To be Welsh on Sunday in a dry area of Wales
is to wish, for the only time in your life,
that you were English and civilized,
and that you had a car or a bike and could drive or pedal
to your heart’s desire, the county next door, wet on Sundays,
where the pubs never shut and the bar is a paradise
of elbows in your face and ribs and the dark liquids flow,
not warm, not cold, just right, and family and friends
are there beside you elbow to elbow, shoulder to shoulder,
and the old ones sitting indoors by the fire in winter
or outdoors in summer, at a picnic table under the trees
or beneath an umbrella that says Seven Up and Pepsi
(though nobody drinks them) and it serves as a sunshade
on this Sunday evening when the sun is still high
in the summer sky and the little kids tumble on the grass
playing soccer and cricket and it’s “Watch your beer, Da!”

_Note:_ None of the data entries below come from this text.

-- ===== src/Engine/Entry.antt =====
-- OrderEngine::on_new and OrderEngine::on_cancel with their helpers (cpp/src/engine.cpp). A call
-- returns the new engine and the reports; allocation does not fail.
pub mod Answers
use market_maker_proto.Prelude.{
  ℕ, ◌≡◌, Bool, true, false, not, ◌||◌, ◌&&◌, ◌==◌, leb, inc_u64, if◌then◌else◌, Option, none, some,
  List, [], ◌∷◌,
}
use market_maker_proto.Prelude.Int.{ℤ, pos, leb_ℤ, ltb_ℤ, quot_ℤ, ◌*ℤ◌, to_u64}
use market_maker_proto.Prelude.Text.{Bytes, bytes, bytes_eq}
use market_maker_proto.Types.{
  Ticks, Side, bid, ask, Instrument, RejectCode, unknown_symbol, bad_side, tick_size, lot_size,
  qty_limit, price_range, dup_cl_ord_id, post_only_cross, max_live_orders, unknown_cl_ord_id,
  already_terminal, to_string, validate_order,
}
use market_maker_proto.Protocol.{
  NewOrder, CancelOrder, OrderAck, CancelAck, Reject, OutMsg, order_ack, cancel_ack, reject,
}
use market_maker_proto.Engine.Keys.{OrderKey}
use market_maker_proto.Engine.Containers.{
  lower_bound, points_at, find, emplace, update_at, idx_insert, idx_erase,
}
use market_maker_proto.Engine.State.{
  OrdState, live, cancelled, rejected, Order, Book, OrderEngine, is_live, live_index,
  with_live_index, live_count, count_entry,
}

unfoldable pub side_from_wire : Bytes → Option Side
side_from_wire side =
    if bytes_eq side (bytes "B")
    then some bid
    else if bytes_eq side (bytes "S")
    then some ask
    else none

unfoldable pub to_ticks : Instrument → ℤ → Ticks
to_ticks inst raw_px = record { v = quot_ℤ raw_px inst.tick_size }

unfoldable pub to_raw_px : Instrument → Ticks → ℤ
to_raw_px inst px = px.v *ℤ inst.tick_size

unfoldable pub make_reject : Bytes → RejectCode → Bytes → OutMsg
make_reject cl_id code reason =
    reject
      (record { v = 1; seq = 0; epoch = 0; cl_id = cl_id; code = to_string code; reason = reason })

unfoldable pub validation_reason : RejectCode → NewOrder → Bytes
validation_reason unknown_symbol order = bytes "unknown symbol"
validation_reason bad_side order = bytes "side must be \"B\" or \"S\""
validation_reason tick_size order = bytes "px is not a multiple of tick_size"
validation_reason lot_size order = bytes "qty is not a multiple of lot_size"
validation_reason qty_limit order =
    if leb_ℤ order.qty (pos 0)
    then bytes "qty must be positive"
    else bytes "qty exceeds max_order_qty"
validation_reason price_range order = bytes "px outside [min_price, max_price]"
validation_reason code order = to_string code

abbrev pub tombstone : Order
tombstone = record {
  eng_id = 0;
  side = bid;
  px = record { v = pos 0 };
  leaves = pos 0;
  st = rejected;
}

-- The lambda `reject` of on_new: the report, the tombstone and the counted entry.
unfoldable pub reject_new :
    OrderEngine → ℕ → NewOrder → RejectCode → Bytes → OrderEngine × List OutMsg
reject_new e session order code reason = (
  record e {
    orders = emplace (session, order.cl_id) tombstone e.orders;
    entries_by_session = count_entry e.entries_by_session session;
  },
  make_reject order.cl_id code reason ∷ [],
)

-- The post-only entry test; a side with qty <= 0 or px <= 0 is absent.
unfoldable pub crosses : Side → Book → ℤ → Bool
crosses bid book px =
    ltb_ℤ (pos 0) book.ask_qty && ltb_ℤ (pos 0) book.ask_px && leb_ℤ book.ask_px px
crosses ask book px =
    ltb_ℤ (pos 0) book.bid_qty && ltb_ℤ (pos 0) book.bid_px && leb_ℤ px book.bid_px

unfoldable pub accepted_order : OrderEngine → Side → NewOrder → Order
accepted_order e side order = record {
  eng_id = e.next_eng_id;
  side = side;
  px = to_ticks e.inst order.px;
  leaves = order.qty;
  st = live;
}

unfoldable pub accept : OrderEngine → ℕ → NewOrder → Side → OrderEngine × List OutMsg
accept e session order side =
    let key : OrderKey = (session, order.cl_id) in
    let ack : OrderAck = record {
      v = 1;
      seq = 0;
      epoch = 0;
      cl_id = order.cl_id;
      eng_id = e.next_eng_id;
      status = bytes "live";
      svc_ns = pos 0;
    } in
    (
      with_live_index side (idx_insert key (live_index side e)) (record e {
        orders = emplace key (accepted_order e side order) e.orders;
        entries_by_session = count_entry e.entries_by_session session;
        next_eng_id = inc_u64 e.next_eng_id;
      }),
      order_ack ack ∷ [],
    )

-- From check 4 on. `none` of the parsed side is the failed assertion, which answers nothing.
unfoldable pub enter : OrderEngine → ℕ → NewOrder → Option Side → OrderEngine × List OutMsg
enter e session order none = (e, [])
enter e session order (some side) =
    if order.post_only && crosses side e.book order.px
    then reject_new e session order post_only_cross (bytes "post-only order would cross the book")
    else accept e session order side

unfoldable pub on_new : OrderEngine → ℕ → NewOrder → OrderEngine × List OutMsg
on_new e session order =
    let key : OrderKey = (session, order.cl_id) in
    if points_at key (lower_bound key e.orders)
    then (
      e,
      make_reject order.cl_id dup_cl_ord_id (bytes "cl_id already used on this session") ∷ [],
    )
    else elim (validate_order e.inst order.symbol order.side order.px order.qty) [
      | some code ↦ reject_new e session order code (validation_reason code order)
      | none ↦
          if leb (to_u64 e.inst.max_live_orders) (live_count e session)
          then reject_new e session order max_live_orders
              (bytes "session already holds max_live_orders live orders")
          else enter e session order (side_from_wire order.side)
    ]

abbrev pub cancel : Order → Order
cancel o = record o { st = cancelled }

unfoldable pub cancel_found : OrderEngine → ℕ → CancelOrder → Order → OrderEngine × List OutMsg
cancel_found e session c ord =
    let key : OrderKey = (session, c.cl_id) in
    let ack : CancelAck = record {
      v = 1;
      seq = 0;
      epoch = 0;
      cl_id = c.cl_id;
      eng_id = ord.eng_id;
      status = bytes "cancelled";
    } in
    if not (is_live ord.st)
    then (e, make_reject c.cl_id already_terminal (bytes "order is already terminal") ∷ [])
    else (
      with_live_index ord.side (idx_erase key (live_index ord.side e))
          (record e { orders = update_at key cancel e.orders }),
      cancel_ack ack ∷ [],
    )

unfoldable pub on_cancel : OrderEngine → ℕ → CancelOrder → OrderEngine × List OutMsg
on_cancel e session c = elim (find (session, c.cl_id) e.orders) [
  | none ↦ (e, make_reject c.cl_id unknown_cl_ord_id (bytes "unknown cl_id on this session") ∷ [])
  | some ord ↦ cancel_found e session c ord
]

and the gymnasts tumble over and over the family dog
who hides beneath the table and snores and twitches until
“Time, Gentlemen, please!” and the nightmare is upon us
as the old school bell, ship’s bell, rings out its brass warning
and people leave the Travellers’ Rest, the Ffynnon Wen,
the Woodville, the Antelope, the Butcher’s, the Deri,
the White Rose, the Con Club, the Plough and Harrow,
the Flora, the Pant Mawr, The Cow and Snuffers,
the Villiers Arms, the Cricketers, the Mexico Fountain,
the Church (the one with handles on the prayer books),
God Bless them all, I knew them in my prime.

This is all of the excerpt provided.